Since I am no lawyer, I should defer the matter to my much competent colleague on the matter. But I would like beforehand to state some broad principles on how secular laws can be implemented. Obviously a lot of people will be upset about the changes, and they should be given a chance to express their grieves, within the boundaries of freedom of religion as the new constitution guarantees. The federal option is, in that sense, a good compromise in the sensitive balance between rule by majority and cornerstone individual liberty of belief. The federal constitutions can state broad –but sufficiently well defined- principles on the need to keep religion and religious matters out of politics, and will guarantee so by means of federal court enforcement of the constitutional rule, but regional parliament, following the political tides, can implement laws and regulations –within their own competence- that can be religiously-inspired: they could allow for Islamic Banks for instance, or introduce longer breaks at school to allow for prayer time. They can even issue specific legislation on how discreet restaurant and food-serving businesses can be during Ramadan, but they cannot enforce laws that would undermine the constitutional freedom of individual belief. As far as their attributions are concerned, regional parliaments have a certain say in financial and legislative matters, and if they are controlled by “religious” parties, they can introduce some measures of moral-oriented laws in their own affairs. The essential axiom behind it all is that every one is treated as a grown-up, and is given a chance to prove themselves to be so when managing the public welfare.
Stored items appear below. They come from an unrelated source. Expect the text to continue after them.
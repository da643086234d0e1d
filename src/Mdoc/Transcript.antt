-- ===== src/Mdoc/Transcript.antt =====
-- internal/mdocverify/sessiontranscript.go: what a device signs.
use fikua_lab_idp.Prelude.{ℕ, String, Option, none, some}
use fikua_lab_idp.Action.{Result}
use fikua_lab_idp.Fallible.{◌>>=◌}
use fikua_lab_idp.Mdoc.Cbor.{Value, null, text, bytes, raw, tag, array, cons, nil}
use fikua_lab_idp.Mdoc.Cose.{Library}

abbrev pub tag_encoded_cbor : ℕ
tag_encoded_cbor = 24

module _ {Cert EcKey : Type 0} (lib : Library Cert EcKey) where
  -- A nil thumbprint is a CBOR null.
  abbrev pub thumbprint_value : Option String → Value
  thumbprint_value none = null
  thumbprint_value (some thumbprint) = bytes thumbprint

  abbrev pub handover_info : String → String → Option String → String → Value
  handover_info client_id nonce thumbprint response_uri = array (
      cons (text client_id)
        (cons (text nonce) (cons (thumbprint_value thumbprint) (cons (text response_uri) nil))))

  abbrev pub handover_of : String → Value
  handover_of hash = array (
      cons null
        (cons null (cons (array (cons (text "OpenID4VPHandover") (cons (bytes hash) nil))) nil)))

  unfoldable pub open_id4vp_handover :
      String → String → Option String → String → Result String String
  open_id4vp_handover client_id nonce thumbprint response_uri = do
    info ← lib.marshal (handover_info client_id nonce thumbprint response_uri)
    lib.marshal (handover_of (lib.sha256 info))

  abbrev pub device_authentication : String → String → String → Value
  device_authentication session_transcript doc_type device_name_spaces = array (
      cons (text "DeviceAuthentication")
        (cons (raw session_transcript) (cons (text doc_type) (cons (raw device_name_spaces) nil))))

  unfoldable pub device_authentication_bytes : String → String → String → Result String String
  device_authentication_bytes session_transcript doc_type device_name_spaces = do
    device_auth ← lib.marshal (device_authentication session_transcript doc_type device_name_spaces)
    lib.marshal (tag tag_encoded_cbor (bytes device_auth))
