-- ===== src/Mdoc/Digests.antt =====
-- internal/mdocverify/verify.go: the digests of the disclosed elements.
use fikua_lab_idp.Prelude.{
  String, Option, none, some, List, [], ◌∷◌, nat_eq, ◌/=◌, ◌<>◌, if◌then◌else◌,
}
use fikua_lab_idp.Assoc.{Assoc, get, put}
use fikua_lab_idp.Action.{Result, ok}
use fikua_lab_idp.Fallible.{◌>>=◌, ◌>>◌, or_fail, reject_if, wrapped}
use fikua_lab_idp.Mdoc.Cbor.{
  ℤ, Value, null, bytes, tag, to_int64, text_of, as_bytes, as_array, as_any_map, at_int,
  require_map, cbor_to_go,
}
use fikua_lab_idp.Mdoc.Cose.{Library}
use fikua_lab_idp.Mdoc.Transcript.{tag_encoded_cbor}

-- The content of a tag 24.
abbrev tagged_content : Value → Option Value
tagged_content (tag n content) = if nat_eq n tag_encoded_cbor then some content else none
tagged_content _ = none

module _ {Cert EcKey : Type 0} (lib : Library Cert EcKey) where
  abbrev pub required : Assoc Value → String → String → Result String (Assoc Value)
  required parent key message = require_map lib.print_value lib.type_name parent key message

  -- The digest under an id; the text on the left is not shown.
  unfoldable pub lookup_digest : List (Value × Value) → ℤ → Option String
  lookup_digest ns_digests digest_id = elim (at_int digest_id ns_digests) [
    | none ↦ none
    | some v ↦ as_bytes v
  ]

  abbrev pub item_bytes : String → Value → Result String String
  item_bytes ns raw_item = do
    content ←
        or_fail (tagged_content raw_item)
          ("IssuerSignedItem in namespace " <> ns <> " is not tag 24")
    or_fail (as_bytes content) "IssuerSignedItem tag 24 content is not a byte string"

  abbrev pub digest_id_of : Assoc Value → Option ℤ
  digest_id_of item = elim (get "digestID" item) [ none ↦ none | some v ↦ to_int64 v ]

  abbrev pub element_value : Assoc Value → Value
  element_value item = elim (get "elementValue" item) [
    | none ↦ null
    | some v ↦ cbor_to_go lib.print_value v
  ]

  -- One item: its element's name and value.
  unfoldable pub verify_item :
      String → List (Value × Value) → Value → Result String (String × Value)
  unfolding lookup_digest
  verify_item ns ns_digests raw_item = do
    inner ← item_bytes ns raw_item
    tagged_bytes ← lib.marshal (tag tag_encoded_cbor (bytes inner))
    item ←
        wrapped ("malformed IssuerSignedItem in namespace " <> ns <> ": ") (lib.unmarshal_map inner)
    digest_id ←
        or_fail (digest_id_of item) ("IssuerSignedItem in namespace " <> ns <> " has no digestID")
    expected ←
        or_fail (lookup_digest ns_digests digest_id)
          ("no MSO digest for digestID " <> lib.int_text digest_id <> " in namespace " <> ns)
    reject_if (expected /= lib.sha256 tagged_bytes) (
        "digest mismatch for "
        <> lib.quote (text_of (get "elementIdentifier" item))
        <> " (tampered IssuerSignedItem)")
    ok (text_of (get "elementIdentifier" item), element_value item)

  -- The loop over the items of a namespace.
  unfoldable pub verify_items :
      String → List (Value × Value) → List Value → Assoc Value → Result String (Assoc Value)
  unfolding verify_item
  verify_items ns ns_digests [] claims = ok claims
  verify_items ns ns_digests (raw_item ∷ rest) claims = do
    (element_id, value) ← verify_item ns ns_digests raw_item
    verify_items ns ns_digests rest (put element_id value claims)

  -- The loop over the namespaces, in the order in which `range` visits them.
  unfoldable pub verify_name_spaces :
      Assoc Value → Assoc Value → Assoc Value → Result String (Assoc Value)
  unfolding verify_items
  verify_name_spaces value_digests [] claims = ok claims
  verify_name_spaces value_digests ((ns, raw_items) ∷ rest) claims = do
    items ← or_fail (as_array (some raw_items)) ("nameSpaces[" <> ns <> "] is not an array")
    ns_digests ←
        or_fail (as_any_map (get ns value_digests)) ("MSO has no valueDigests for namespace " <> ns)
    collected ← verify_items ns ns_digests items claims
    verify_name_spaces value_digests rest collected

  unfoldable pub verify_digests_and_collect_claims :
      Assoc Value → Assoc Value → Result String (Assoc Value)
  unfolding verify_name_spaces
  verify_digests_and_collect_claims issuer_signed mso = do
    name_spaces ← required issuer_signed "nameSpaces" "issuerSigned missing nameSpaces"
    value_digests ← required mso "valueDigests" "MSO missing valueDigests"
    verify_name_spaces value_digests name_spaces []
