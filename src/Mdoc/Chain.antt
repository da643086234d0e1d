-- ===== src/Mdoc/Chain.antt =====
-- internal/mdocverify/certchain.go: an issuer's certificate chain.
use fikua_lab_idp.Prelude.{
  ℕ, String, Bool, true, false, not, ◌||◌, Option, none, some, List, [], ◌∷◌, ltb, last_of, ◌==◌,
  ◌<>◌, if◌then◌else◌,
}
use fikua_lab_idp.Action.{Result, ok, err}
use fikua_lab_idp.Fallible.{◌>>◌, reject_if}
use fikua_lab_idp.Mdoc.Cose.{Library}

module _ {Cert EcKey : Type 0} (lib : Library Cert EcKey) where
  unfoldable pub require_ca : Cert → Result String (Unit {0})
  require_ca cert =
      reject_if (not (lib.is_ca cert)) ("issuer certificate is not a CA: " <> lib.subject cert)

  unfoldable pub verify_signed_by : Cert → Cert → Result String (Unit {0})
  verify_signed_by subject issuer = elim (lib.check_signature subject issuer) [
    | none ↦ ok tt
    | some reason ↦ err (
        "certificate "
        <> lib.subject subject
        <> " is not signed by "
        <> lib.subject issuer
        <> ": "
        <> reason)
  ]

  unfoldable pub is_self_signed : Cert → Bool
  is_self_signed cert =
      if lib.subject cert == lib.issuer cert
      then (elim (lib.check_signature cert cert) [ none ↦ true | some reason ↦ false ])
      else false

  abbrev pub is_outside : ℕ → Cert → Bool
  is_outside now cert = ltb now (lib.not_before cert) || ltb (lib.not_after cert) now

  -- The loop over the validity windows.
  unfoldable pub all_in_force : ℕ → List Cert → Result String (Unit {0})
  all_in_force now [] = ok tt
  all_in_force now (cert ∷ rest) =
      let others = all_in_force now rest in
      if is_outside now cert
      then err ("certificate not valid (expired or not yet valid): " <> lib.subject cert)
      else others

  -- The loop over each certificate and the next.
  unfoldable pub all_linked : Cert → List Cert → Result String (Unit {0})
  unfolding require_ca verify_signed_by
  all_linked subject [] = ok tt
  all_linked subject (issuer ∷ rest) = do
    require_ca issuer
    verify_signed_by subject issuer
    all_linked issuer rest

  -- The top of the chain, under the anchor or under itself.
  unfoldable pub anchored : Option Cert → Cert → Result String (Unit {0})
  unfolding require_ca verify_signed_by is_self_signed
  anchored (some anchor) top =
      if lib.equal top anchor then ok tt else (require_ca anchor >> verify_signed_by top anchor)
  anchored none top = if is_self_signed top then verify_signed_by top top else ok tt

  unfoldable pub validate_cert_chain : ℕ → Option Cert → List Cert → Result String (Unit {0})
  unfolding all_in_force all_linked anchored
  validate_cert_chain now trust_anchor [] = err "empty certificate chain"
  validate_cert_chain now trust_anchor (leaf ∷ rest) = do
    all_in_force now (leaf ∷ rest)
    all_linked leaf rest
    anchored trust_anchor (last_of leaf rest)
Can these measures be implemented? They can, to the extent that the present conservatism among Moroccans is mainly due to economic and material conditions. Indeed, it has been the effect of an explicit policy to turn Moroccans into fanatics, and some are sensible enough to try and reverse these effects with well-meaning policies, yet ineffective and very feeble. But it also has to do with the fact that in troubled and difficult times, religion is the main exit route and is considered to bring hope, comfort and belief in better days –better after-life, one might say-. These policies are contingent on how good this government will manage to bring welfare, good standards of livings and equality among the denizens of this country.